Il treno da Ngaoundéré per Yaoundè, Cameroun.
Photo by Luiclemens (own work) – wikimedia commons – CC BY-SA 3.0

Cristina Annino, venuta a mancare lo scorso 28 gennaio, è stata per me una presenza, purtroppo solo epistolare, che con energia ha animato con cadenza quasi quotidiana le mie giornate del biennio 2020/21.
Non indugio nel ricordo personale o critico; è giusto dare spazio a chi le è stato più vicino e l’ha studiata ben più assiduamente e da molto più tempo rispetto a me: tra chi conosco, in ordine alfabetico, Davide Castiglione (che l’ha ricordata per La Balena Bianca), Stefano Guglielmin, Michele Ortore, Pietro Roversi (la cui testimonianza è stata raccolta su Lucreziana2008).
Li ringrazio uno per uno. Come pure voglio ringraziare Michele Brancale, che ha voluto immediatamente ricordarla su La Nazione (web e cronaca di Arezzo); stessa cosa per Ida Bozzi che ne ha tratteggiato la parabola sul Corsera. Aggiungo, qualche ora dopo l’uscita di questo post, il saluto a Cristina da parte di Walter Siti, dominato dai ricordi personali; se volete integrarlo con qualche verso, Siti vi fa riferimento alla propria esegesi di una poesia dedicata a Ezra Pound, e ne trovate tracce in due recensioni di Siti a due raccolte che questa poesia contengono: Chanson Turca (sempre su LPLC; il libro uscì per LietoColle) e Anatomie in fuga (nell’archivio di Repubblica).

I lettori possono contare su alcuni libri di poesie di facile reperibilità (Madrid; Magnificat; Anatomie in fuga; Le perle di Loch Ness; fino all’ultimo Santa Sauna, originale “libro d’arte single-poem”) e su un discreto numero di risorse web (che ho provato a mettere assieme qui). Assai più impervia la ricerca di autentici capolavori usciti di catalogo o affidati a edizioni d’arte (L’udito cronico, in Nuovi Poeti Italiani 3 Einaudi; Gemello carnivoro; Casa d’aquila e altri): qui le biblioteche possono soccorrere.

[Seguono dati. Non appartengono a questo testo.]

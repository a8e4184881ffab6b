-- ===== src/Examples/TopUp.antt =====
-- Top-ups that pass the check, and one that does not.
use generation_balance_servi.Base.{◌≡◌, refl, ◌↔◌, pos, ◌≤ℤ◌}
use generation_balance_servi.Errors.{ok, raise, invalid_input}
use generation_balance_servi.Money.{cents}
use generation_balance_servi.Policy.{BalanceTopUp}
use generation_balance_servi.Redis.{TopUpArgs}
use generation_balance_servi.Store.{default_store_config}
use generation_balance_servi.Store.Methods.{top_up_args}
use generation_balance_servi.TopUp.{validate, validate_amount, quantize, half_even}
use generation_balance_servi.TopUp.Accepted.{validate_accepts_iff}

abbrev pub gift : BalanceTopUp
gift = record {
  operation_id = 11;
  user_id = 7;
  paid_usd = cents 100;
  bonus_usd = cents 5;
  free_requests = pos 3;
}

accepted_test : validate gift ≡ ok tt
unfolding validate validate_amount quantize half_even
accepted_test = refl

too_fine_test :
    validate (record gift { bonus_usd = pos 1 })
    ≡ raise (invalid_input "bonus_usd must have at most 6 decimal places")
unfolding validate validate_amount quantize half_even
too_fine_test = refl

validate_accepts_iff_example : (validate gift ≡ ok tt) ↔ (
    (pos 0 ≤ℤ gift.paid_usd)
    × (pos 0 ≤ℤ gift.bonus_usd)
    × (pos 0 ≤ℤ gift.free_requests)
    × ((a : TopUpArgs) × (top_up_args default_store_config gift ≡ ok a)))
validate_accepts_iff_example = validate_accepts_iff default_store_config gift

Negli ultimi mesi di vita, Cristina era impegnata in più di un progetto; tra essi, una nuova raccolta, cui aveva dato il nome Avatar. Almeno quattro poesie erano state generosamente anticipate in rete: una appare su Lay0ut Magazine, tre su Avamposto. Ora purtroppo questo libro, se e quando arriverà, sarà per forza “op. posth.”. Peraltro è successo per tante opere di altrettanti grandi della musica classica (una passione che ci univa). Quindi può avvenire anche con una grande della poesia. Auspico con forza la sua uscita, attendo il tempo che ci vorrà; sarà la ennesima sorpresa di una voce poetica inconfondibile. Grazie di tutto, Magistra.

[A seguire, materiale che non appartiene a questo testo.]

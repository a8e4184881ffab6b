-- ===== src/Examples/Billing.antt =====
-- The services on a small machine: a generation, a load, a top-up and a reaping, with a lossy wire
-- and other processes at work.
use generation_balance_servi.Base.{
  ◌≡◌, ◌≤◌, refl, true, pos, ◌+ℤ◌, ◌-ℤ◌, some, scale, min_ℤ, max_ℤ, insert, List, [], ◌∷◌, arith,
}
use generation_balance_servi.Errors.{ok}
use generation_balance_servi.Money.{cents, micros_to_money, money_to_micros, quantize_money}
use generation_balance_servi.Policy.{authorize, models, build_plan, fill, total_usd}
use generation_balance_servi.Surplus.{surplus_refund}
use generation_balance_servi.TopUp.{validate}
use generation_balance_servi.Redis
use generation_balance_servi.Redis.{Redis, Call, SettleArgs, Status, GenerationHash, new_record}
use generation_balance_servi.Redis.Ledger.{Field, held}
use generation_balance_servi.Store.{
  default_store_config, reply_lost, request_lost, snapshot_from_hash, plan_args,
}
use generation_balance_servi.Store.Methods.{settle_args}
use generation_balance_servi.Store.Recognises.{IsFinished, HasMarker}
use generation_balance_servi.World.{command}
use generation_balance_servi.Machine.{Moment, Machine, returned}
use generation_balance_servi.Machine.Rules.{Outcome, is_failure}
use generation_balance_servi.Billing.{
  Config, default_billing_config, Provider, answered, charge, execute_generation, ensure_loaded,
  apply_top_up,
}
use generation_balance_servi.Billing.Executed.{IsAnswer}
use generation_balance_servi.Billing.Converted.{settle_args_total}
use generation_balance_servi.Billing.Charged.{money_held, settle_charges}
use generation_balance_servi.Billing.Promises.{
  IsRecent, began, execute_generation_ends, ensure_loaded_ends, apply_top_up_ends,
}
use generation_balance_servi.Billing.Credited.{Credited, apply_top_up_once}
use generation_balance_servi.Billing.Once.{Tallied, ExactlyOnce, EndedBy, execute_generation_once}
use generation_balance_servi.Billing.Redelivered.{IsRepeated, redelivery_repeats}
use generation_balance_servi.Examples.Policy.{premium_request, premium_authorization}
use generation_balance_servi.Examples.Redis.{
  one_user, one_running, dollar_hash, reserve_twenty, settle_fifteen, top_up_dollar,
}
use generation_balance_servi.Examples.TopUp.{gift}

-- What the services compute with.
program : Unit {0}
unfolding execute_generation generation_balance_servi.Billing.reserve_generation
    generation_balance_servi.Billing.load_turns generation_balance_servi.Billing.load
    generation_balance_servi.Machine.on_redis generation_balance_servi.Store.retrying
    generation_balance_servi.Machine.next generation_balance_servi.Store.Methods.load
    generation_balance_servi.Billing.reserve_attempts authorize snapshot_from_hash micros_to_money
    scale build_plan fill ◌-ℤ◌ min_ℤ insert ◌+ℤ◌ ensure_loaded
    generation_balance_servi.Billing.reserve generation_balance_servi.Machine.sleep money_to_micros
    generation_balance_servi.Store.Methods.reserve plan_args
    generation_balance_servi.Store.reserve_outcome Redis.reserve models
    generation_balance_servi.Redis.exec generation_balance_servi.Redis.run Redis.top_up
    generation_balance_servi.Billing.generate generation_balance_servi.Billing.settle_generation
    generation_balance_servi.Billing.settle_attempts generation_balance_servi.Billing.settle charge
    generation_balance_servi.Store.Methods.settle generation_balance_servi.Store.settle_outcome
    Redis.settle quantize_money total_usd surplus_refund max_ℤ
program = tt

abbrev config : Config
config = record { billing = default_billing_config; store = default_store_config }

-- A provider that bills fifteen cents.
abbrev fifteen : Provider
fifteen request cost = answered (record {
  client_request_id = request.client_request_id;
  content = "text";
  billed_cost_usd = cents 15;
})

-- Someone tops the balance up before the reservation, and its first reply is lost.
abbrev busy : List Moment
busy =
    record { events = []; wire = []; elapsed = 2 }
    ∷ record {
      events = command (Call.top_up top_up_dollar) ∷ [];
      wire = record { before = []; fault = reply_lost } ∷ [];
      elapsed = 3;
    }
    ∷ []

abbrev machine : Machine
machine = record {
  world = record { redis = one_user; table = [] };
  clock = 1000;
  next_token = 6;
  schedule = busy;
  history = [];
}

-- The generation is delivered, and charged what the provider billed.
delivered_test :
    (execute_generation config fifteen premium_request machine).0
    ≡ returned (record { client_request_id = 42; content = "text"; billed_cost_usd = cents 15 })
unfolding program
delivered_test = refl

execute_generation_ends_example :
    Outcome
      (λ res m'. IsAnswer fifteen premium_request 6 res m'.world.redis)
      (λ e m'. is_failure e ≡ true → IsFinished 42 m'.world.redis)
      (execute_generation config fifteen premium_request machine)
execute_generation_ends_example =
    execute_generation_ends config fifteen premium_request machine (omega arith)
      (tt, tt, ((tt, tt), (tt, tt), tt))

execute_generation_once_example :
    Outcome
      (λ res m'. Tallied 42 ExactlyOnce one_user m'.world.redis)
      (λ e m'. Tallied 42 (EndedBy (is_failure e)) one_user m'.world.redis)
      (execute_generation config fifteen premium_request machine)
execute_generation_once_example =
    execute_generation_once config fifteen premium_request machine (omega arith)
      (tt, tt, ((tt, tt), (tt, tt), tt))

-- The keyspace after the generation, and its record.
abbrev settled : Machine
settled = record machine {
  world = record { redis = (Redis.settle settle_fifteen one_running).1; table = [] };
}

abbrev settled_record : GenerationHash
settled_record = record (new_record reserve_twenty) {
  status = Status.done;
  content = some "text";
  billed_cost_usd = some (pos 150000);
  provider_billed_cost_usd = some (pos 150000);
  refunded_surplus_usd = some (pos 50000);
}

redelivery_repeats_example :
    Outcome
      (λ res m'. IsRepeated premium_request settled_record res m'.world.redis)
      (λ e m'. is_failure e ≡ true → IsFinished 42 m'.world.redis)
      (execute_generation config fifteen premium_request settled)
unfolding program Redis.reserve
redelivery_repeats_example =
    redelivery_repeats config fifteen premium_request settled_record settled (omega arith)
      (tt, tt, ((tt, tt), (tt, tt), tt)) refl (omega arith)

-- A provider that answers differently.
abbrev twenty : Provider
twenty request cost = answered (record {
  client_request_id = request.client_request_id;
  content = "other text";
  billed_cost_usd = cents 20;
})

-- Delivered again, the request gets the text and the charge of the first delivery.
redelivered_test :
    (execute_generation config twenty premium_request settled).0
    ≡ returned (record { client_request_id = 42; content = "text"; billed_cost_usd = cents 15 })
unfolding program Redis.reserve generation_balance_servi.Billing.resolve_duplicate
    generation_balance_servi.Billing.resolve_turns
redelivered_test = refl

-- The keyspace after a generation that was charged nothing.
abbrev settled_free : Machine
settled_free = record machine {
  world = record {
    redis =
        (Redis.settle
          (record settle_fifteen {
            billed = pos 0;
            refund_paid = pos 200000;
            refunded_surplus = pos 200000;
          })
          one_running).1;
    table = [];
  };
}

-- Delivered again, the request that was charged nothing is told the authorized cost.
free_charge_test :
    (execute_generation config twenty premium_request settled_free).0
    ≡ returned (record { client_request_id = 42; content = "text"; billed_cost_usd = cents 20 })
unfolding program Redis.reserve generation_balance_servi.Billing.resolve_duplicate
    generation_balance_servi.Billing.resolve_turns
free_charge_test = refl

-- A user of whom Redis has no balance yet.
ensure_loaded_ends_example :
    Outcome (IsRecent 8) (λ e m'. Unit {0}) (ensure_loaded config 8 (began machine))
ensure_loaded_ends_example = ensure_loaded_ends config 8 machine (tt, tt, ((tt, tt), (tt, tt), tt))

apply_top_up_ends_example :
    Outcome
      (λ done m'. (validate gift ≡ ok tt) × HasMarker 11 m'.world.redis)
      (λ e m'. Unit {0})
      (apply_top_up config gift machine)
apply_top_up_ends_example = apply_top_up_ends config gift machine

-- Another process credits the same operation meanwhile.
apply_top_up_once_example :
    Outcome
      (λ done m'. Credited 11 (λ n. n ≡ 1) one_user m'.world.redis)
      (λ e m'. Credited 11 (λ n. n ≤ 1) one_user m'.world.redis)
      (apply_top_up config gift machine)
apply_top_up_once_example = apply_top_up_once config gift machine (tt, tt, ((tt, tt), (tt, tt), tt))

abbrev later : Machine
later = record machine { world = record { redis = one_running; table = [] }; schedule = [] }

settle_args_total_example :
    (a : SettleArgs) × (settle_args default_store_config 7 42 "text"
        (charge premium_authorization.debit_plan (cents 15))
        (cents 15)
        (surplus_refund premium_authorization.debit_plan premium_authorization.debit_policy
          (charge premium_authorization.debit_plan (cents 15)))
      ≡ ok a)
unfolding authorize models snapshot_from_hash micros_to_money scale build_plan fill ◌-ℤ◌ min_ℤ
settle_args_total_example =
    settle_args_total default_store_config premium_request dollar_hash
      {auth = premium_authorization} refl "text" (cents 15)

abbrev settle_billed : SettleArgs
settle_billed = record settle_fifteen { provider_billed = cents 15 }

settle_charges_example :
    (micros_to_money
        (money_held 7 one_running -ℤ money_held 7 (Redis.settle settle_billed one_running).1)
      ≡ charge premium_authorization.debit_plan (cents 15))
    × (held Field.requests 7 (Redis.settle settle_billed one_running).1 +ℤ pos 0
        ≡ held Field.requests 7 one_running)
unfolding authorize models snapshot_from_hash micros_to_money scale build_plan fill ◌-ℤ◌ min_ℤ
    plan_args money_to_micros charge quantize_money total_usd surplus_refund Redis.reserve
    Redis.settle insert ◌+ℤ◌ max_ℤ
settle_charges_example =
    settle_charges default_store_config premium_request dollar_hash {auth = premium_authorization}
      refl "text" (cents 15) one_running {g = new_record reserve_twenty} {a = settle_billed} refl
      refl refl refl refl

AGGIORNAMENTO: all’inizio di marzo Avatar è arrivato, nella collana Avagliano poesia, con nota in quarta di Daniela Marcheschi. Potete trovarlo qui o in altri store. È un libro bellissimo e mi ha arrecato una gioia, quella raffigurata qui nella terza immagine, che forse è persino un palmo alzato a sancire lo stop della mia poesia.